#### Assignment:
What lines below mention the word "insert"? Copy each one.

Extracted records
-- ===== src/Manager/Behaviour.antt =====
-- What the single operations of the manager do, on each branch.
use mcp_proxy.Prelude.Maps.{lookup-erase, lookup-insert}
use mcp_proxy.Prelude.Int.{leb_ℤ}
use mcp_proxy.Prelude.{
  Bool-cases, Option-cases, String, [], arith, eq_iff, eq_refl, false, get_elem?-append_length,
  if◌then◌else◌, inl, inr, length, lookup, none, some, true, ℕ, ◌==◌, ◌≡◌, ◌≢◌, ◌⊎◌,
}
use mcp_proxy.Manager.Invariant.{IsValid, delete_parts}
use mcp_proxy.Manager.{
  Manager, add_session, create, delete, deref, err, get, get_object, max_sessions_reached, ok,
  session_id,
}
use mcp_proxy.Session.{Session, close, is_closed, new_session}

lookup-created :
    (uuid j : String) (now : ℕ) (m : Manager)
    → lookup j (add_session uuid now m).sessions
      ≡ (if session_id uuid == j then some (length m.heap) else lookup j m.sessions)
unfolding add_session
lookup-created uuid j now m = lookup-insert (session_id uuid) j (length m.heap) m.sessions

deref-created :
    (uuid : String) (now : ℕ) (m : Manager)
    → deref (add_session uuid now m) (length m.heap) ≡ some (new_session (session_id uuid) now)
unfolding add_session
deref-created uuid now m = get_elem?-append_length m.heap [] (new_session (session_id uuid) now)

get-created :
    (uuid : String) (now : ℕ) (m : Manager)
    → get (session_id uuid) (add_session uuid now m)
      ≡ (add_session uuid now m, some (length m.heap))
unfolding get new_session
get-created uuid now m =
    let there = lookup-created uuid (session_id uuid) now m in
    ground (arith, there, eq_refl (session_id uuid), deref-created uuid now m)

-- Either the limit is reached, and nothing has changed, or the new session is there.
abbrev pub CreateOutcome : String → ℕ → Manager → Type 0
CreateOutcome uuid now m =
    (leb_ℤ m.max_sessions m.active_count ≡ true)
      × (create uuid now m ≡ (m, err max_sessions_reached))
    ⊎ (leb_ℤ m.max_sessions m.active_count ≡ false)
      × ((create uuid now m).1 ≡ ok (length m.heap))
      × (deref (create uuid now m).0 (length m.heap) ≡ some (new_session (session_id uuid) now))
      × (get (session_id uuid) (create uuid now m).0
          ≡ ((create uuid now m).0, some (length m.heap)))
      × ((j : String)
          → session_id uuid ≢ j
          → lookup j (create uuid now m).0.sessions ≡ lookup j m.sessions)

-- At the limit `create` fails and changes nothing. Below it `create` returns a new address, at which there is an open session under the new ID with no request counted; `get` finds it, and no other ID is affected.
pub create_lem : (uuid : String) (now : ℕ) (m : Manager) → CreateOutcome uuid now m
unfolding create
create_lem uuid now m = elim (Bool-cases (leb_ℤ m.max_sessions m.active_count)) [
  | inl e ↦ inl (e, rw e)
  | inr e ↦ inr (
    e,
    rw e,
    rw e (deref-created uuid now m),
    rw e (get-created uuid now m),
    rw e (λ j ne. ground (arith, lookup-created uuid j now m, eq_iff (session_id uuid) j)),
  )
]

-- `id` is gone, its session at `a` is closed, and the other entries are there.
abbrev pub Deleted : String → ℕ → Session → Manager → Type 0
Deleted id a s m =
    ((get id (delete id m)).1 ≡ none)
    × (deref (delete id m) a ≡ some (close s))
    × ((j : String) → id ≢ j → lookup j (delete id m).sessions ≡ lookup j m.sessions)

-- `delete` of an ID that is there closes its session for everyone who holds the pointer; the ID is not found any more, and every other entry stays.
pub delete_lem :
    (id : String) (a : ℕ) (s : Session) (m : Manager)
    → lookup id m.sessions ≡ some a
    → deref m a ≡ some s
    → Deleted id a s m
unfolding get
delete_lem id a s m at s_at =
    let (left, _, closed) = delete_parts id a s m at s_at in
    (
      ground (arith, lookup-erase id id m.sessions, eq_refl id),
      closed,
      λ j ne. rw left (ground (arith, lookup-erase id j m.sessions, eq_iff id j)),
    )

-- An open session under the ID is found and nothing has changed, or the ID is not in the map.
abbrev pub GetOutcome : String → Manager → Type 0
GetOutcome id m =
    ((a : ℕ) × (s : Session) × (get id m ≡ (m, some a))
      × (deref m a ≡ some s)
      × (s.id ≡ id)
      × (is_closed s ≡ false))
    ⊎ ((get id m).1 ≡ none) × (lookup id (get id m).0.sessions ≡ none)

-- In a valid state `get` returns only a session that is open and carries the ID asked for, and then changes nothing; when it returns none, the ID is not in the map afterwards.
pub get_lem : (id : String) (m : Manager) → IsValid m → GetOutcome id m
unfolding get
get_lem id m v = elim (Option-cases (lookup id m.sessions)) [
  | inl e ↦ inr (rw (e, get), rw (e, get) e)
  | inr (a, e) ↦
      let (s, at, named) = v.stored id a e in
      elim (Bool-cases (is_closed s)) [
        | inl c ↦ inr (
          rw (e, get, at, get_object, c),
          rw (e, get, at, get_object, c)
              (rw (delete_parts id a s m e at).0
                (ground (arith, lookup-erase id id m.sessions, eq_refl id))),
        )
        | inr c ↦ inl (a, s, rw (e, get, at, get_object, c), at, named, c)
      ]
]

--

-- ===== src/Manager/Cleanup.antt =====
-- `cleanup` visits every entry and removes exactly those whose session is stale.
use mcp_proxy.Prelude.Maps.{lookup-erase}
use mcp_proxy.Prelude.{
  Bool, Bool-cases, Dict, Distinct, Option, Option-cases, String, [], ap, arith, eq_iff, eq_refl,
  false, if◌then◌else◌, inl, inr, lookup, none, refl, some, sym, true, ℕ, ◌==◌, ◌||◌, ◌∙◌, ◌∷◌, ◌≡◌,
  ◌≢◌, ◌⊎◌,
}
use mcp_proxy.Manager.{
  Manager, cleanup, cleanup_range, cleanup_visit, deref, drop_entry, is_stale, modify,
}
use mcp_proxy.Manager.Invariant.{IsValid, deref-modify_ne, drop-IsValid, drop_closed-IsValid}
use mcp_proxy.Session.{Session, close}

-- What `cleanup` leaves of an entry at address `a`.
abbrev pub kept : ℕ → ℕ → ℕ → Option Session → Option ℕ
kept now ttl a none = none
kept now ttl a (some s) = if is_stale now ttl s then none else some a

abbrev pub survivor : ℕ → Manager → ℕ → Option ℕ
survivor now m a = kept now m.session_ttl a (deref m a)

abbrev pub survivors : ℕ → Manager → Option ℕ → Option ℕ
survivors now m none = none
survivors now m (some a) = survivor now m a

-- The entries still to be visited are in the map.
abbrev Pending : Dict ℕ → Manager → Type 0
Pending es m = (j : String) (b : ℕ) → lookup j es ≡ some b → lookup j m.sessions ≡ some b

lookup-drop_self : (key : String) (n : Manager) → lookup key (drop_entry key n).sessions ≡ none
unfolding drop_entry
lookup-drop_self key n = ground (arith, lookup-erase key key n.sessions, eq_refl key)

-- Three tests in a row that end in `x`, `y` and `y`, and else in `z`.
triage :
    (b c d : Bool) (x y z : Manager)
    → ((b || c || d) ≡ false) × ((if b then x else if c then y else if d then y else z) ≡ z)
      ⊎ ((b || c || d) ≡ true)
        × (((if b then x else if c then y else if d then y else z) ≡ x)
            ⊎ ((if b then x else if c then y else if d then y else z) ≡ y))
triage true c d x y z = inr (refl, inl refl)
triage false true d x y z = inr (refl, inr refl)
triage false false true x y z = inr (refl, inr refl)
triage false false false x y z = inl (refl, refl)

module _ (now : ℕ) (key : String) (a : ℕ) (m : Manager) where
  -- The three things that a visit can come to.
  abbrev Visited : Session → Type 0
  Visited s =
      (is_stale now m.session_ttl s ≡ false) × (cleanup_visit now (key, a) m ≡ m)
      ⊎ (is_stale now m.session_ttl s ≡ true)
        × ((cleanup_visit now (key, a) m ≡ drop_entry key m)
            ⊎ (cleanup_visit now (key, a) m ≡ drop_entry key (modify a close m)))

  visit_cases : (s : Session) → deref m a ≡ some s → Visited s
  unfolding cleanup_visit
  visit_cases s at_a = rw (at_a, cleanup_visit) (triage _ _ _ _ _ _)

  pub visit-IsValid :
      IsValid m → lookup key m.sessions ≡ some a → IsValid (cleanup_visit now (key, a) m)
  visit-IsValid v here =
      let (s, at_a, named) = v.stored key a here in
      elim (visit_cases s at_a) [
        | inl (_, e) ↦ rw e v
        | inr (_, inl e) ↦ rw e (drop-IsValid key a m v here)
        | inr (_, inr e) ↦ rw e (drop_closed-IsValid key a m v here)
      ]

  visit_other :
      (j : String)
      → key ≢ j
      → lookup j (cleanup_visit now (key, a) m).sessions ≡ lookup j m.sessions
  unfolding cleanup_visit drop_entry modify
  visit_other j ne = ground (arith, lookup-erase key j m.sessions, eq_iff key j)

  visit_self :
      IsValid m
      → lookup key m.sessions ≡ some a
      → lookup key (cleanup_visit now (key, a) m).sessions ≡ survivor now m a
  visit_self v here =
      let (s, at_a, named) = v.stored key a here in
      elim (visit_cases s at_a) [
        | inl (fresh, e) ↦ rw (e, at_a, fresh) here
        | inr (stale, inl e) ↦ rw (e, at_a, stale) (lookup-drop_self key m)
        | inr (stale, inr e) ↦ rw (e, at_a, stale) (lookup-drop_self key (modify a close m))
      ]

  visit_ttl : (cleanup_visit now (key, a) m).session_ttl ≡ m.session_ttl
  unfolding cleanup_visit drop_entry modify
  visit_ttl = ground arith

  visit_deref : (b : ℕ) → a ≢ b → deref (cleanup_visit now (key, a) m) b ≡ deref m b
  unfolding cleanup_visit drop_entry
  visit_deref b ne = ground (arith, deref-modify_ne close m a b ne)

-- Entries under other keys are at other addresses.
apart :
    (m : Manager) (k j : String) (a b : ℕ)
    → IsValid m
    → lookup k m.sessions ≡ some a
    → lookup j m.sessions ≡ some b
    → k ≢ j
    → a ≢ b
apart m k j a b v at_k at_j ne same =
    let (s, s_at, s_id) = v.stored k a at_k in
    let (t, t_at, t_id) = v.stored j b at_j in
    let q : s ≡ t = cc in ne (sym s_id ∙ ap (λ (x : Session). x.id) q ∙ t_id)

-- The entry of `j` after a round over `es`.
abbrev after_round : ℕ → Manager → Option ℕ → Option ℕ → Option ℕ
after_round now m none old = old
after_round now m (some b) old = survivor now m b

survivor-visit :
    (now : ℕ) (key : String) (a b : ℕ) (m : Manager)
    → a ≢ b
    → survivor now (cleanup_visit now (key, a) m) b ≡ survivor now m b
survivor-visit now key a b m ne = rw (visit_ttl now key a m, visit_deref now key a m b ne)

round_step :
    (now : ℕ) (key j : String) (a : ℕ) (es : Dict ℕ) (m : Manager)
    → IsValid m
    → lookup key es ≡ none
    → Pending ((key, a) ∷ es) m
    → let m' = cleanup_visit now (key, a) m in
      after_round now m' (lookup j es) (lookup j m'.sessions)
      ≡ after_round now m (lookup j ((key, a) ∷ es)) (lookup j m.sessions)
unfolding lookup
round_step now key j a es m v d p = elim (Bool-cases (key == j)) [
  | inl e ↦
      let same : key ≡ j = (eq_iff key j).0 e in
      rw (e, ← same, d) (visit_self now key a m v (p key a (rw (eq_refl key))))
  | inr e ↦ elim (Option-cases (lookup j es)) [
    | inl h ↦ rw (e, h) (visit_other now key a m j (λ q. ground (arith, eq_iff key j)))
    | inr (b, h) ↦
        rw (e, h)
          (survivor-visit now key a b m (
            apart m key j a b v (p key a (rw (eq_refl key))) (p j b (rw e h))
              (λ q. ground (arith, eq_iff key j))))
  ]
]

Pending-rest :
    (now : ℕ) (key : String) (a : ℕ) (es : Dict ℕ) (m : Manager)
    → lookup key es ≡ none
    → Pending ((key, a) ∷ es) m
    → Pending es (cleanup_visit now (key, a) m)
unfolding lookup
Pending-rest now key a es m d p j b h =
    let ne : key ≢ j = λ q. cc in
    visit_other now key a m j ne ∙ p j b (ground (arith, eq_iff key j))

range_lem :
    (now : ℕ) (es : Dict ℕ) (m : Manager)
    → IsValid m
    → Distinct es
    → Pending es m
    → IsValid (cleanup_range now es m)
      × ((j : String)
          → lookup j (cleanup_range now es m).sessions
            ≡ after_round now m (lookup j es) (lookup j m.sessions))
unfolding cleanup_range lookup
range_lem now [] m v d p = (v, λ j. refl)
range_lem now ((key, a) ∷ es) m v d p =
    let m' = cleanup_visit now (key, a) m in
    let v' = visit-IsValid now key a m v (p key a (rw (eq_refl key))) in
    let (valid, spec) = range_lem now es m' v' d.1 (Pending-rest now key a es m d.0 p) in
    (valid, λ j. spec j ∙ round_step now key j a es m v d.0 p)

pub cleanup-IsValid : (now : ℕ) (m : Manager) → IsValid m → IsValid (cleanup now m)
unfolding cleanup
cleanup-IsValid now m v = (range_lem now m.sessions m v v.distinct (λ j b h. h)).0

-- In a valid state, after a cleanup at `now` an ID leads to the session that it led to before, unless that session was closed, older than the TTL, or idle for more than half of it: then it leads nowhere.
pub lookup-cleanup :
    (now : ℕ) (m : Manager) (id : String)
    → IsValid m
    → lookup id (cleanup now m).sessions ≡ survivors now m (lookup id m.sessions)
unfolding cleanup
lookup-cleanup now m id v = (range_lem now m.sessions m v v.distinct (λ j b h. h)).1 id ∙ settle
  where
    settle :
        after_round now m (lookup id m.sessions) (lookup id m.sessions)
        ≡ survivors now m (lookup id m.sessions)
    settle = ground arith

* * *

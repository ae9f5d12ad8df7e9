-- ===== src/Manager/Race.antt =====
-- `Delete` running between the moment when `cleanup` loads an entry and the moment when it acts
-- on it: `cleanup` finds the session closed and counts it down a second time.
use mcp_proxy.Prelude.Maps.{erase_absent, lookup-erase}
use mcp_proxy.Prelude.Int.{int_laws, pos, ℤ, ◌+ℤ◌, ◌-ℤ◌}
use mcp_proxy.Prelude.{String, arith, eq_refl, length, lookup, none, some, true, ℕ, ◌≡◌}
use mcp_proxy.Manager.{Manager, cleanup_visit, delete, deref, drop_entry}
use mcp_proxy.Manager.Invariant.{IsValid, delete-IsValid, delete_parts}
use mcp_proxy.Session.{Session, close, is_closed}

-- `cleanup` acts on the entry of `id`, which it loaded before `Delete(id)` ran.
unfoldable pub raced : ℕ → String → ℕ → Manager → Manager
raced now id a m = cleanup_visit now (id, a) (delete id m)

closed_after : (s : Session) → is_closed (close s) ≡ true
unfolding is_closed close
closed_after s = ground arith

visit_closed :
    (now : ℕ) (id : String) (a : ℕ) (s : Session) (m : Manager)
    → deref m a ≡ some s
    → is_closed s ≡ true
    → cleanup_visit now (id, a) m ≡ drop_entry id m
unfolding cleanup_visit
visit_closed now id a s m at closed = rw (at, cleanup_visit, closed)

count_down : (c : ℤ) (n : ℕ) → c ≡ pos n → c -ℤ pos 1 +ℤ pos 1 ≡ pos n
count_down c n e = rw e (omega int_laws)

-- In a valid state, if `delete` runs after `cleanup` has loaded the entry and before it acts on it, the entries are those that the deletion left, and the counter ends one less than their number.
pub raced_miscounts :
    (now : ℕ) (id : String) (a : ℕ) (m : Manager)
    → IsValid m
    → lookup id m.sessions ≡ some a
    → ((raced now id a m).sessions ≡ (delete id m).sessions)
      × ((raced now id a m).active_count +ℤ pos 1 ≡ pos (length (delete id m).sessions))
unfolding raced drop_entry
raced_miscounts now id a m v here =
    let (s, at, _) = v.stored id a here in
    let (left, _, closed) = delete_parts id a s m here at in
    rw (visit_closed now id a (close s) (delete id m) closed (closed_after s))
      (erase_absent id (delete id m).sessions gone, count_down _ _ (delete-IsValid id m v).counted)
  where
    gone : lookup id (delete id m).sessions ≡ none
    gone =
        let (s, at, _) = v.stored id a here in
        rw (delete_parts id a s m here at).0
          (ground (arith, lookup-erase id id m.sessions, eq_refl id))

#### Exercise solution:
use mcp_proxy.Prelude.Maps.{lookup-erase, lookup-insert}
lookup-created uuid j now m = lookup-insert (session_id uuid) j (length m.heap) m.sessions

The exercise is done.